▶ **MATERIALS PROVIDED**
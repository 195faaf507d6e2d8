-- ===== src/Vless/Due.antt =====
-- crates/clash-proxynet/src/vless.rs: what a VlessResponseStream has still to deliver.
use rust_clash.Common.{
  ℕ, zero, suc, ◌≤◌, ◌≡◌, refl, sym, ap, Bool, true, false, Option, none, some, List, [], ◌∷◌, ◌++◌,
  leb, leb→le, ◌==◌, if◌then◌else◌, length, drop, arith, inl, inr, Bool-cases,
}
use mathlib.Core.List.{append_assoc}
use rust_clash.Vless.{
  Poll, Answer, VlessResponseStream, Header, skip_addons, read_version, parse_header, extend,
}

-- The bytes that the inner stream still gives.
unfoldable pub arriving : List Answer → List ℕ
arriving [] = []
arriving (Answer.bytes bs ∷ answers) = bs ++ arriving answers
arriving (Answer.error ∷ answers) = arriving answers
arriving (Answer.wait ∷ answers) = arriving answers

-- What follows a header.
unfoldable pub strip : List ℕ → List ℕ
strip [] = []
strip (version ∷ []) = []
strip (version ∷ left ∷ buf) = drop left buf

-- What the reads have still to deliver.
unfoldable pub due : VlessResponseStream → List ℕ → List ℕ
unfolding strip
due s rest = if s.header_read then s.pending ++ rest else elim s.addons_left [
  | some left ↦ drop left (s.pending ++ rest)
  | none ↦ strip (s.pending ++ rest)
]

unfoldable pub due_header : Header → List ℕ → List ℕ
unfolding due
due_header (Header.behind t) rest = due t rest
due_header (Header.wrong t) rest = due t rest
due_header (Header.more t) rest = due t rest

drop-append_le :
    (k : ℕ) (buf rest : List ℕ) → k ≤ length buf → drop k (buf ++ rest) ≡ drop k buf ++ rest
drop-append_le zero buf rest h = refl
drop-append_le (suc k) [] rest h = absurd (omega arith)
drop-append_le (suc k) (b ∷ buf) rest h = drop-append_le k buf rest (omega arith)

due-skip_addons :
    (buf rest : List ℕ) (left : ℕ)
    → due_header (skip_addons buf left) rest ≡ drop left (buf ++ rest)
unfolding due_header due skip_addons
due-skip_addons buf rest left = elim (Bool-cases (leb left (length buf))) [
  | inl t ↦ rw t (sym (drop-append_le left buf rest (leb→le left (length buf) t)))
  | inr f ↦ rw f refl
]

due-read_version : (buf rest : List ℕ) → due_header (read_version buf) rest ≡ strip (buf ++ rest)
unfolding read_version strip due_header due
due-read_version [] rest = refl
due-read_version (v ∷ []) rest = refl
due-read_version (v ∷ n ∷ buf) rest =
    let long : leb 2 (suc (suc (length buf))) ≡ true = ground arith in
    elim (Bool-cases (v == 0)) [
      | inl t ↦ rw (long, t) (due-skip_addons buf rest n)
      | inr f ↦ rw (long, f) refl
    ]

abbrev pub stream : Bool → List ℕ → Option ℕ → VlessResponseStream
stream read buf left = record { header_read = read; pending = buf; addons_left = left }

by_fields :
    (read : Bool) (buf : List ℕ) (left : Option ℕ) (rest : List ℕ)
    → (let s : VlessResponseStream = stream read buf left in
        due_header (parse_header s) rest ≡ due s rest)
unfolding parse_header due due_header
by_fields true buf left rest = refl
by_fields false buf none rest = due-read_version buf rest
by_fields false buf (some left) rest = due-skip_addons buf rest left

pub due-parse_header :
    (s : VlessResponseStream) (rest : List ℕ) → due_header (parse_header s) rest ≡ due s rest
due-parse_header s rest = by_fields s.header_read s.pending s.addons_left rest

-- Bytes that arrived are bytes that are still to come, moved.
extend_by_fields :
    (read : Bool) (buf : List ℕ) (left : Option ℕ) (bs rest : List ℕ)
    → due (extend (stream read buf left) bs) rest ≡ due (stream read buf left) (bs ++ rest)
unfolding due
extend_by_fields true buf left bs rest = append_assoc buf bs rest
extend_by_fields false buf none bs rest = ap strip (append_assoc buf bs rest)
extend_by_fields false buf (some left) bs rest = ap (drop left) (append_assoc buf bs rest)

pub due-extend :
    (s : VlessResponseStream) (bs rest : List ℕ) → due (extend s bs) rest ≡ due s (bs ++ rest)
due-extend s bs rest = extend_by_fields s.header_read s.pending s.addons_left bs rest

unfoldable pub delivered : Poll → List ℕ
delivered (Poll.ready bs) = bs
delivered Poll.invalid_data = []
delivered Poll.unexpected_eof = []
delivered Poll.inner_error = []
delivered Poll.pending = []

==

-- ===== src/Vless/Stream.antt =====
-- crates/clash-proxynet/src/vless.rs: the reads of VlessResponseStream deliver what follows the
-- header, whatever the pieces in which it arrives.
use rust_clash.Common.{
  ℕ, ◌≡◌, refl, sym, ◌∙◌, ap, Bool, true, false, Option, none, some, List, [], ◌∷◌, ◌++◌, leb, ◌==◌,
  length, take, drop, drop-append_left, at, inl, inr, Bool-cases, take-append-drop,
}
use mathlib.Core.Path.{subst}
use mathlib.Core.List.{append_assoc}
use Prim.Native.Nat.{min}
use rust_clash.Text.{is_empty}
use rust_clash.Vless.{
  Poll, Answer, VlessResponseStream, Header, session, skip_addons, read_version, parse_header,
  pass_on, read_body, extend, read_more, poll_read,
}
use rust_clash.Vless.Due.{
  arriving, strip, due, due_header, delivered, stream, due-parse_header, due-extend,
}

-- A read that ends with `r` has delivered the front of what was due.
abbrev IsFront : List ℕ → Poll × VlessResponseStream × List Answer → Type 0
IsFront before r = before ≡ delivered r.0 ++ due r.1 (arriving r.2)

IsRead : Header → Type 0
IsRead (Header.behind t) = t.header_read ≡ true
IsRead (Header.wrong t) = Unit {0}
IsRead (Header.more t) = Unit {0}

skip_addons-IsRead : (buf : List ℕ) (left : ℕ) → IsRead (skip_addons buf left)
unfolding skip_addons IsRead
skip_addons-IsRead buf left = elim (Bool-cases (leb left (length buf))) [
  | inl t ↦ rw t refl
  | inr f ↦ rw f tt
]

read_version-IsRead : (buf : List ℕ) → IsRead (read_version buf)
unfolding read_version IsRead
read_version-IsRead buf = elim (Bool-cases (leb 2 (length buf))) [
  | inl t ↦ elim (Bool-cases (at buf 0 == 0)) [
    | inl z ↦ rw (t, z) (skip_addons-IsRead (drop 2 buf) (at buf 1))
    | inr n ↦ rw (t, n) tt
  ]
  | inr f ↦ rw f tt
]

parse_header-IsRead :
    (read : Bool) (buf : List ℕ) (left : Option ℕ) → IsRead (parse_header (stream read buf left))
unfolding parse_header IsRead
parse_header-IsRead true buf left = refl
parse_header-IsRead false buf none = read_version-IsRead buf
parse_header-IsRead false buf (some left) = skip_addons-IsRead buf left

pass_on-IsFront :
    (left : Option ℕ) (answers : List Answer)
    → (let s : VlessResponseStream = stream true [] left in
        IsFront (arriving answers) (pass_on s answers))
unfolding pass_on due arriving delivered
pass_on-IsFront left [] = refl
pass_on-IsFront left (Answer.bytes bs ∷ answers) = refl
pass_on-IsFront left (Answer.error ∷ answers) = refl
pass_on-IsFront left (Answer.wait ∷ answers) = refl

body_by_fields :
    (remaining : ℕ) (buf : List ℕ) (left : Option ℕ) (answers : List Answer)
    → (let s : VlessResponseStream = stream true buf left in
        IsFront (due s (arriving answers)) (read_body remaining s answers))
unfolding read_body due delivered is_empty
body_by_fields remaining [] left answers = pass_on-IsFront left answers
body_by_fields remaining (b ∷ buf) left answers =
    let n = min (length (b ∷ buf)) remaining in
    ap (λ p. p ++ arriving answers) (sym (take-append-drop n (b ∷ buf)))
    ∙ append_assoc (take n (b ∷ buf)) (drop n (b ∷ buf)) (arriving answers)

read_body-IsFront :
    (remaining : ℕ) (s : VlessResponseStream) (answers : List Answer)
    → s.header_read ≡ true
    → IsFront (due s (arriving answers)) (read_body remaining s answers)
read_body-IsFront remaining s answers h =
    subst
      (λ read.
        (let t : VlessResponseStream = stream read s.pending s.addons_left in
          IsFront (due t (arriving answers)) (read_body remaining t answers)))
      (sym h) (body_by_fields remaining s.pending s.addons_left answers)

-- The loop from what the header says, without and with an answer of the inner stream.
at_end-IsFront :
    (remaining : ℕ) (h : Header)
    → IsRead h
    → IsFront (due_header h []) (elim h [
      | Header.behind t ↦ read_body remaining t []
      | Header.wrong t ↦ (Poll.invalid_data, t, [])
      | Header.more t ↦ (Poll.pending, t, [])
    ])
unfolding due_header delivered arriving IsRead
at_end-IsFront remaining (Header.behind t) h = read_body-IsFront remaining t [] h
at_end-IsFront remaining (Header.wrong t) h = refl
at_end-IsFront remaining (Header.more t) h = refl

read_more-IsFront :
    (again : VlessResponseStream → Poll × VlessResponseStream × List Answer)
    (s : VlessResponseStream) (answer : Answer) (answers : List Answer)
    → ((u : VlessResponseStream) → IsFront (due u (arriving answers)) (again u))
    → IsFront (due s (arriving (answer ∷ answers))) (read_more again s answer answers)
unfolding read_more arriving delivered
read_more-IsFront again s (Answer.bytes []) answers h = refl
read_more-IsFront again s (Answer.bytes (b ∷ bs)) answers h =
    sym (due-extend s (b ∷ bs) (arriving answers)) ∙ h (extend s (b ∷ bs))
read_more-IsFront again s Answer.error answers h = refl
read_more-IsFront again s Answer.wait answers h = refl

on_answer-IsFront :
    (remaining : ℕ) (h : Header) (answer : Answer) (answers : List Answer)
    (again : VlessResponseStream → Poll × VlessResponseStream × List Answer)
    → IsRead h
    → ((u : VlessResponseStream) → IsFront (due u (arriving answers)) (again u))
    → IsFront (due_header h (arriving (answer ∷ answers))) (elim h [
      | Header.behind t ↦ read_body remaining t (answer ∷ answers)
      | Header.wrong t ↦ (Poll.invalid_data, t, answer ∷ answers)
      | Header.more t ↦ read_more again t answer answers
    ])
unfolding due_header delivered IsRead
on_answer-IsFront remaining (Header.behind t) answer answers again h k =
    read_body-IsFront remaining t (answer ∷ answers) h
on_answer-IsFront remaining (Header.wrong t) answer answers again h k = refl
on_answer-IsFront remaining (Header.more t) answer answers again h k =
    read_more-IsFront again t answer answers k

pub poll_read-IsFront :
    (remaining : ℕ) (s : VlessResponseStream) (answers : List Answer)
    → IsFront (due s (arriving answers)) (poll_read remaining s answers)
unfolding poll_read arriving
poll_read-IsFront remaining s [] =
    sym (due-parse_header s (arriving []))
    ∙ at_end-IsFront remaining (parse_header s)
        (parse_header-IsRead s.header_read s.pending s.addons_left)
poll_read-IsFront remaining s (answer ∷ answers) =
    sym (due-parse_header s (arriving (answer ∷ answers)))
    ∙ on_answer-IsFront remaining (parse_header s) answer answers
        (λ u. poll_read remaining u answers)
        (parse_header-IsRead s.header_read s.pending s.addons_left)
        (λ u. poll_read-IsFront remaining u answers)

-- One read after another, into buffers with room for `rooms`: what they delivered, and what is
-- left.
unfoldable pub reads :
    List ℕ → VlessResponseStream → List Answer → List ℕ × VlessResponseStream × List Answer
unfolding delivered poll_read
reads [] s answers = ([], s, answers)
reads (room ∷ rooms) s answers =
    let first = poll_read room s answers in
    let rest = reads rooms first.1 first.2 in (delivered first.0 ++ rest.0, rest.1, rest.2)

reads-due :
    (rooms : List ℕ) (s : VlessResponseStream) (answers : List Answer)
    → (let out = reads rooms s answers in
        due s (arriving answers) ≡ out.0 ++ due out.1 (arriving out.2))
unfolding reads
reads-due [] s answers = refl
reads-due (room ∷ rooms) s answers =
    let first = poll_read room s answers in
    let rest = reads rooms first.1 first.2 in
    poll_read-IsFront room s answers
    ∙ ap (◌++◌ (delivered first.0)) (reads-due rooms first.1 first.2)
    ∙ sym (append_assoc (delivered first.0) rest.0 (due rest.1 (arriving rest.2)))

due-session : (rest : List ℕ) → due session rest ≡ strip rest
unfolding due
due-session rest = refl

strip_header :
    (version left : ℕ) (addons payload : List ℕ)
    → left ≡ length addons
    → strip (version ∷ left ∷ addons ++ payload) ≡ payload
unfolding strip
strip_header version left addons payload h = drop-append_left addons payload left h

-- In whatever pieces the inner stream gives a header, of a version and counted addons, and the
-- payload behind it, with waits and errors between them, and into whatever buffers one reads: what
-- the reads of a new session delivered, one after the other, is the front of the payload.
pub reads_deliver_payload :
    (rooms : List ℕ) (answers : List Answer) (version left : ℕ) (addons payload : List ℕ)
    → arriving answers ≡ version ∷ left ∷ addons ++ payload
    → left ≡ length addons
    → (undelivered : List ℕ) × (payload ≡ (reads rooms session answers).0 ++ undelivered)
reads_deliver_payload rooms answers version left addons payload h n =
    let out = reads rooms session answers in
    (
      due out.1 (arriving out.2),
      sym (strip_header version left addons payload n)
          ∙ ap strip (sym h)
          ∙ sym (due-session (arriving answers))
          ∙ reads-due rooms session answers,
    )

▶ **PROBLEM**
Begin with the line above that has "repository 195faaf507d6e2d8" and continue through the line that has "due-read_version (v ∷ n", setting each one down exactly. Stop there.

▶ **ANSWER TO THIS EXERCISE**
repository 195faaf507d6e2d8
-- ===== src/Vless/Due.antt =====
-- crates/clash-proxynet/src/vless.rs: what a VlessResponseStream has still to deliver.
use rust_clash.Common.{
  ℕ, zero, suc, ◌≤◌, ◌≡◌, refl, sym, ap, Bool, true, false, Option, none, some, List, [], ◌∷◌, ◌++◌,
  leb, leb→le, ◌==◌, if◌then◌else◌, length, drop, arith, inl, inr, Bool-cases,
}
use mathlib.Core.List.{append_assoc}
use rust_clash.Vless.{
  Poll, Answer, VlessResponseStream, Header, skip_addons, read_version, parse_header, extend,
}

-- The bytes that the inner stream still gives.
unfoldable pub arriving : List Answer → List ℕ
arriving [] = []
arriving (Answer.bytes bs ∷ answers) = bs ++ arriving answers
arriving (Answer.error ∷ answers) = arriving answers
arriving (Answer.wait ∷ answers) = arriving answers

-- What follows a header.
unfoldable pub strip : List ℕ → List ℕ
strip [] = []
strip (version ∷ []) = []
strip (version ∷ left ∷ buf) = drop left buf

-- What the reads have still to deliver.
unfoldable pub due : VlessResponseStream → List ℕ → List ℕ
unfolding strip
due s rest = if s.header_read then s.pending ++ rest else elim s.addons_left [
  | some left ↦ drop left (s.pending ++ rest)
  | none ↦ strip (s.pending ++ rest)
]

unfoldable pub due_header : Header → List ℕ → List ℕ
unfolding due
due_header (Header.behind t) rest = due t rest
due_header (Header.wrong t) rest = due t rest
due_header (Header.more t) rest = due t rest

drop-append_le :
    (k : ℕ) (buf rest : List ℕ) → k ≤ length buf → drop k (buf ++ rest) ≡ drop k buf ++ rest
drop-append_le zero buf rest h = refl
drop-append_le (suc k) [] rest h = absurd (omega arith)
drop-append_le (suc k) (b ∷ buf) rest h = drop-append_le k buf rest (omega arith)

due-skip_addons :
    (buf rest : List ℕ) (left : ℕ)
    → due_header (skip_addons buf left) rest ≡ drop left (buf ++ rest)
unfolding due_header due skip_addons
due-skip_addons buf rest left = elim (Bool-cases (leb left (length buf))) [
  | inl t ↦ rw t (sym (drop-append_le left buf rest (leb→le left (length buf) t)))
  | inr f ↦ rw f refl
]

due-read_version : (buf rest : List ℕ) → due_header (read_version buf) rest ≡ strip (buf ++ rest)
unfolding read_version strip due_header due
due-read_version [] rest = refl
due-read_version (v ∷ []) rest = refl
due-read_version (v ∷ n ∷ buf) rest =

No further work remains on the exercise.